FEATURING: Elli-Rose, Hironobu Nomura[efn_note]There are no English credits in the film, but a couple of names can be found on the DVD’s included “making-of” featurette. Elli-Rose plays Yukari and Yoko, while Nomura plays the detective. No other credits are known.[/efn_note]

PLOT: A koala in a business suit who works for a Japanese pickle company is accused of killing his wife and girlfriend, and can’t defend himself because he’s got selective amnesia.

Still from Executive Koala (2005)

WHY IT MIGHT MAKE THE LIST: Consider this “Apocrypha Candidate” designation a placeholder for Minoru Kawasaki. This is the first of his movies we’ve seen, and we’re impressed with his manic-yet-deadpan sense of absurdity;  it suggests something of his will be worthy of an honorable mention designation on our weird movie canon. Is Executive Koala the one, though? Or should Calimari Wrestler or Rug Cop occupy that slot?

COMMENTS: There’s a point in Executive Koala where a pretty woman (Japanese singer Shôko Nakagawa, making her first movie appearance) sees our hero Tamura buy a sack of groceries from a frog-headed convenience store clerk and quizzically comments, “A koala? A frog?”  Aside from the occasional background double-take from a passerby in the street (suggesting scenes shot guerilla-style in the wild), this is the only time anyone notices anything odd about the man in the business suit with a giant round fuzzy head and claws, or the frog, or the bunny rabbit president of Rabource Pickling Co., Ltd. It’s a kind of fourth-wall breaking moment: Nakagawa addresses the audience indirectly, acknowledging the absurdity of a world that apparently contains a total of three anthropomorphic animals whose existence otherwise surprises no one.

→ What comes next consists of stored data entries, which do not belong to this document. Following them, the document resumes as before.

-- ===== src/Orchestrator/Turns.antt =====
-- What a whole turn of app/orchestrator/orchestrator.py has done when it ends.
use makkays_chatbot.Prelude.{
  ℕ, ◌≡◌, ◌≤◌, arith, refl, ◌∙◌, String, List, true, false, Option, some, ltb, contains,
}
use makkays_chatbot.Flags.Schemas.{FeatureFlags}
use makkays_chatbot.Shared.{Uuid, certain, IntentResult, intent_taxonomy}
use makkays_chatbot.Session.Schemas.{FactsSchema, ConversationStateSchema}
use makkays_chatbot.Tools.Registry.{ToolRegistry}
use makkays_chatbot.Tools.Schemas.{TurnText}
use makkays_chatbot.Tools.Executor.{Tool}
use makkays_chatbot.Orchestrator.Turn.{
  Setup, env, done, TurnState, classified, OrchestratorResult, certain_result, wizard_intent,
  intent_patch,
}
use makkays_chatbot.Orchestrator.Control.{
  has_wizard, looks_like_wizard_escape, find_intent, plan_turn, decide_turn, route_turn, on_turn,
}
use makkays_chatbot.Orchestrator.Laws.{Planned, plan_turn-Planned, Decided}
use makkays_chatbot.Orchestrator.Leaving.{IsLeft, has_wizard-Untouched}
use makkays_chatbot.Orchestrator.Traces.{IsRead, on_turn-Ends, IsNumbered, numbered-Ends}
use makkays_chatbot.Orchestrator.Outcomes.{Ends, Ends-map}

module _ {Outside : Type 0} (setup : Setup Outside)
    (registry : ToolRegistry (Tool (env setup)) String) (flags : FeatureFlags) (tenant : Uuid)
    (session : String) where
  -- How a turn that returns has come to its result: what was read, how the message was classified,
  -- what was written then, and what was decided on these.
  pub record Answered (message : String) (hint : Option String) (s₀ : TurnState setup)
      (r : OrchestratorResult) (s : TurnState setup) : Type 0 where
    pub facts : FactsSchema
    pub state : ConversationStateSchema
    pub recent : List TurnText
    pub read_to : TurnState setup
    pub read : IsRead setup registry flags tenant session message hint s₀ facts state recent read_to
    pub intent_result : IntentResult
    pub found_to : TurnState setup
    pub found :
        find_intent setup registry flags tenant session facts state recent message read_to
        ≡ (done intent_result, found_to)
    pub known : contains intent_taxonomy intent_result.intent ≡ true
    pub new_state : ConversationStateSchema
    pub number : ℕ
    pub start : TurnState setup
    pub numbered :
        IsNumbered setup registry flags tenant session
          (classified intent_result.source intent_result.intent intent_result.confidence)
          (intent_patch intent_result facts)
          found_to
          new_state
          number
          start
    pub left : IsLeft setup registry flags tenant session message s₀ start
    pub decided :
        Decided setup registry flags tenant session message facts new_state recent start
          intent_result r s

  -- The turn of a wizard: its intent is the wizard's, and no question is asked.
  abbrev pub IsWizardTurn : OrchestratorResult → TurnState setup → Type 0
  IsWizardTurn r s = (r.intent ≡ some wizard_intent) × (r.awaiting_clarification ≡ false)

  plan_turn-IsWizardTurn :
      (number : ℕ) (message : String) (facts : FactsSchema) (state : ConversationStateSchema)
      (recent : List TurnText) (s : TurnState setup)
      → Ends IsWizardTurn (
          plan_turn setup registry flags tenant session number message facts state recent
            (certain_result wizard_intent)
            s)
  plan_turn-IsWizardTurn number message facts state recent s =
      let intent_result = certain_result wizard_intent in
      Ends-map
        (Planned setup registry flags tenant session message facts state recent s intent_result)
        IsWizardTurn (λ r s' h. (h.same_intent, h.not_awaiting))
        (plan_turn setup registry flags tenant session number message facts state recent
          intent_result s)
        (plan_turn-Planned setup registry flags tenant session number message facts state recent
          intent_result s refl)

  -- A certain intent is never below the threshold.
  decide_turn-IsWizardTurn :
      (number : ℕ) (message : String) (facts : FactsSchema) (state : ConversationStateSchema)
      (recent : List TurnText) (s : TurnState setup)
      → setup.threshold ≤ certain
      → Ends IsWizardTurn (
          decide_turn setup registry flags tenant session number message facts state recent
            (certain_result wizard_intent)
            s)
  unfolding decide_turn
  decide_turn-IsWizardTurn number message facts state recent s low =
      let sure : ltb certain setup.threshold ≡ false = ground arith in
      rw sure (plan_turn-IsWizardTurn number message facts state recent s)

  find_intent-wizard :
      (message : String) (facts : FactsSchema) (state : ConversationStateSchema)
      (recent : List TurnText) (s : TurnState setup)
      → has_wizard setup registry flags tenant session s ≡ true
      → looks_like_wizard_escape setup registry flags tenant session message ≡ false
      → find_intent setup registry flags tenant session facts state recent message s
        ≡ (done (certain_result wizard_intent), s)
  unfolding find_intent
  find_intent-wizard message facts state recent s owned stays = rw (owned, stays) refl

  route_turn-IsWizardTurn :
      (message : String) (facts : FactsSchema) (state : ConversationStateSchema)
      (recent : List TurnText) (s : TurnState setup)
      → has_wizard setup registry flags tenant session s ≡ true
      → looks_like_wizard_escape setup registry flags tenant session message ≡ false
      → setup.threshold ≤ certain
      → Ends IsWizardTurn
          (route_turn setup registry flags tenant session message facts state recent s)
  unfolding route_turn
  route_turn-IsWizardTurn message facts state recent s owned stays low =
      rw (find_intent-wizard message facts state recent s owned stays) (
        numbered-Ends setup registry flags tenant session IsWizardTurn s _
          (intent_patch (certain_result wizard_intent) facts) _
          (λ state' number s' h.
            decide_turn-IsWizardTurn number message facts state' recent s' low))

  -- While a wizard is in progress, a message that does not ask to leave it belongs to it: a turn that
  -- returns has the wizard's intent and asks no question, if the threshold is at most one.
  pub on_turn-IsWizardTurn :
      (message : String) (hint : Option String) (s₀ : TurnState setup)
      → has_wizard setup registry flags tenant session s₀ ≡ true
      → looks_like_wizard_escape setup registry flags tenant session message ≡ false
      → setup.threshold ≤ certain
      → Ends IsWizardTurn (on_turn setup registry flags tenant session message hint s₀)
  on_turn-IsWizardTurn message hint s₀ owned stays low =
      on_turn-Ends setup registry flags tenant session IsWizardTurn message hint s₀
        (λ facts state recent s h.
          route_turn-IsWizardTurn message facts state recent s
            (has_wizard-Untouched setup registry flags tenant session s₀ s h.unchanged ∙ owned)
            stays low)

Aside from one montage of paintings depicting a surreal Australian koala massacre, complete with crucified marsupials, little is made of the fact that Tamura’s a koala; he might as well be Korean. So, viewed from one angle, Tamura’s koalaness adds little to the script: Koala could have been a competent psychological thriller without the gimmick (at least, until the story devolves into complete goofy chaos at the climax). The resulting film would have been serviceable, but forgettable, parody riff on American Psycho.

But there’s just something about casting a cute fuzzy mammal as the lead in your serial killer thriller that lets the audience know not to take anything too seriously, you know? The casting ensures that every frame of film is stained with absurdity that can’t be scrubbed off. Considering the fact that the only part of Tamura’s face that moves (and sometimes light up) are his eyes, the actors that wear the koala suit do a remarkable job in bringing the executive to life through head shakes, claw gesticulations, and simple props like a handkerchief used to mop his furry brow when he’s nervous. Tamura’s uncredited voiceover actor deserves praise, too, because we quickly come to accept this character’s reality (within his world). At times, we too forget that he’s of another species, and simply see him as a harried salaryman fretting about putting together a deal with a Korean kimchi magnate while under investigation for the murder of his wife and girlfriend.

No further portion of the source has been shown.